Not that you asked but here is my opinion on the MP conversation. Maybe you will see the difference if you pixel peep, it is the best tool for the job type of thing. The benefits of a pro-level mirrorless full-frame are more than megapixels, if you are just concerned with resolution buy a phase one back or use the 5ds etc. We all have more technology in our phones than Cartier Bresson or Ansel Adams ever had, it is how you use the tools you have. Not just because something has more megapixels will make it the best tool for everyone in every situation. It is why we have so many cameras on the market and why professionals own more than one camera. I can't think of a better tool for my studio still life work than my phase 1 back but it is not the right tool for when I shoot concerts or wildlife. The " math" that we will all use to decide to upgrade is unique to the work that we do. Ultimately it is a tool that we can use to make images that move people, no one ever looks at a powerful composition, with compelling subject matter, and says it would have been better if it was 45 MP and not 39 mp. So what are the parts of the tool, the ease of use, the size, the available glass, the low light capabilities etc, etc that are most important to you, they will not only be different for each artist but sometimes for the same artist per situation.


----------



## Th0msky (Jun 8, 2020)

I thought the R series were more for videographers but all I see is discussion about the mpx... 
I'll go pickup the R6 anyways.


----------



## David_E (Jun 8, 2020)

RBSfphoto said:


> _Not that you asked but here is my opinion on the MP conversation. Maybe you will see the difference if you pixel peep, it is the best tool for the job type of thing. The benefits of a pro-level mirrorless full-frame are more than megapixels..._


You know too much to be in this thread. Can’t you see that the sole measure of a camera today is 8k video and pixels, pixels, and more pixels? Get enough pixels and you can run and gun and never have to learn quaint stuff like the art of composition.


----------



## idave4321 (Jun 9, 2020)

Quarkcharmed said:


> Had I been buying a new camera, or upgrading from a crop to the FF, I wouldn't care too much. But I'm going to upgrade from 5DIV. What I was saying, if the R5 after the official announcement appears to have 45mp, I'll probably preorder. If it's 39mp, then 30mp->39mp jump is a 'meh'. It'd probably wait for the R5s in that case. Unless future reviews tell the R5 has a drastic jump in dynamic range.

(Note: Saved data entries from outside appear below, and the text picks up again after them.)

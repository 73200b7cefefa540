-- ===== src/Health/Probing.antt =====
-- src/proxylib/_net.py: `first_working_proxy` against the first entry that is fit, by the breaker before the call.
use proxylib.Prelude.{
  ℕ, ◌+◌, ◌≡◌, refl, Bool, true, false, not, ◌&&◌, inl, inr, Option, none, some, List, [], ◌∷◌,
  arith, ltb, if◌then◌else◌, Bool-cases, Option-cases,
}
use proxylib.Python.Exec.{Result, ok, raise, no_reachable_proxy_error}
use proxylib.Python.Text.{Text, ==_iff}
use proxylib.Python.Dict.{get-set}
use proxylib.Net.{Netimps}
use proxylib.Proxy.{Proxy}
use proxylib.Health.{
  Breaker, same_endpoint, is_skipped, probe_port, note_failure, first_working_proxy,
}
use proxylib.Health.Ordering.{same_endpoint-Lawful}

module _ ⦃net : Netimps⦄ (probe : Text → ℕ → Bool) (now ttl : ℕ) (start : Breaker) where
  -- DIRECT, or a proxy with a port that was not skipped when the call began and accepts a connection
  abbrev pub is_reachable : Option Proxy → Bool
  is_reachable none = true
  is_reachable (some p) = elim (probe_port p) [
    | none ↦ false
    | some n ↦ not (ltb 0 ttl && is_skipped now start (p.host, n)) && probe p.host n
  ]

  abbrev pub first_reachable : List (Option Proxy) → Result (Option Proxy)
  first_reachable [] = raise no_reachable_proxy_error
  first_reachable (e ∷ es) = let rest = first_reachable es in if is_reachable e then ok e else rest

  -- what the breaker has gained since the call began
  record Since (breaker : Breaker) : Type 0 where
    kept : (k : Text × ℕ) → is_skipped now start k ≡ true → is_skipped now breaker k ≡ true
    gained :
        (k : Text × ℕ)
        → is_skipped now breaker k ≡ true
        → is_skipped now start k ≡ false
        → probe k.0 k.1 ≡ false

  note_failure-skipped :
      (breaker : Breaker) (k j : Text × ℕ)
      → is_skipped now (note_failure now ttl k breaker) j
        ≡ (if ltb 0 ttl && same_endpoint k j then true else is_skipped now breaker j)
  unfolding note_failure is_skipped
  note_failure-skipped breaker k j =
      ground (arith, get-set same_endpoint same_endpoint-Lawful breaker k j (now + ttl))

  endpoint_eq : (k j : Text × ℕ) → same_endpoint k j ≡ true → (k.0 ≡ j.0) × (k.1 ≡ j.1)
  endpoint_eq (h, p) (g, q) e = (ground (arith, ==_iff h g), ground arith)

  Since-note_failure :
      (breaker : Breaker) (k : Text × ℕ)
      → Since breaker
      → probe k.0 k.1 ≡ false
      → Since (note_failure now ttl k breaker)
  Since-note_failure breaker k since failed = record {
    kept = λ j h. ground (arith, note_failure-skipped breaker k j, since.kept j h);
    gained = λ j h n.
        ground (arith, note_failure-skipped breaker k j, since.gained j, endpoint_eq k j, failed);
  }

  first_working_from :
      (es : List (Option Proxy)) (breaker : Breaker)
      → Since breaker
      → (first_working_proxy probe now ttl es breaker).0 ≡ first_reachable es
  unfolding first_working_proxy
  first_working_from [] breaker since = refl
  first_working_from (none ∷ es) breaker since = refl
  first_working_from (some p ∷ es) breaker since = elim (Option-cases (probe_port p)) [
    | inl e ↦ ground (arith, e, first_working_from es breaker since)
    | inr (n, e) ↦ elim (Bool-cases (probe p.host n)) [
      | inl up ↦ ground (
        arith,
        e,
        up,
        since.kept (p.host, n),
        since.gained (p.host, n),
        first_working_from es breaker since,
      )
      | inr down ↦ ground (
        arith,
        e,
        down,
        since.kept (p.host, n),
        first_working_from es breaker since,
        first_working_from es (note_failure now ttl (p.host, n) breaker)
            (Since-note_failure breaker (p.host, n) since down),
      )
    ]
  ]

  -- The call answers the first entry, in order, that is DIRECT, or a proxy with a port that the circuit
  -- breaker did not skip when the call began and that accepts a connection; it raises
  -- `NoReachableProxyError` exactly when there is no such entry. What it notes about failures on the way
  -- does not change the answer.
  pub first_working_proxy_lem :
      (es : List (Option Proxy))
      → (first_working_proxy probe now ttl es start).0 ≡ first_reachable es
  first_working_proxy_lem es =
      first_working_from es start (record { kept = λ k h. h; gained = λ k h n. cc })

I am upgrading from the 5D4 as well but I am much more excited about other aspects. The RF lenses are amazing, I tested out my new 85 1.2 DS the other day and it hits focus so much more reliably than the EF 1.2 - I am also moving to the 28-70 f2 for events (24-70 2.8 II was on my camera 90% of the time) and this new lens feels like a mix of that lens with portrait lens perks  dual card slots, IBIS, eye tracking / animal eye tracking , RF mount, and significantly faster cards are all reasons to be very happy! From what people are saying it is going to be 44.7 Megapixels (as video ratio different to photography ratio) anyway


----------



## usern4cr (Jun 9, 2020)

idave4321 said:


> I am upgrading from the 5D4 as well but I am much more excited about other aspects. The RF lenses are amazing, I tested out my new 85 1.2 DS the other day and it hits focus so much more reliably than the EF 1.2 - I am also moving to the 28-70 f2 for events (24-70 2.8 II was on my camera 90% of the time) and this new lens feels like a mix of that lens with portrait lens perks  dual card slots, IBIS, eye tracking / animal eye tracking , RF mount, and significantly faster cards are all reasons to be very happy! From what people are saying it is going to be 44.7 Megapixels (as video ratio different to photography ratio) anyway


How do you like handholding your RF 85mm f1.2 DS? Does it get too heavy after a while, or does it feel balanced enough that you don't get tired holding it?

Also, when the RF 70-135mm f2 comes out, do you think you'll get it as well, or do you think you have enough portrait lens coverage already?


----------



## Quarkcharmed (Jun 9, 2020)

RBSfphoto said:


> Maybe you will see the difference if you pixel peep


But pixel peep what exactly? What's the target media? I know if it's say a 4K monitor, 30mp is more than enough even after downscaling.



RBSfphoto said:


> The benefits of a pro-level mirrorless full-frame are more than megapixels, if you are just concerned with resolution buy a phase one back or use the 5ds etc.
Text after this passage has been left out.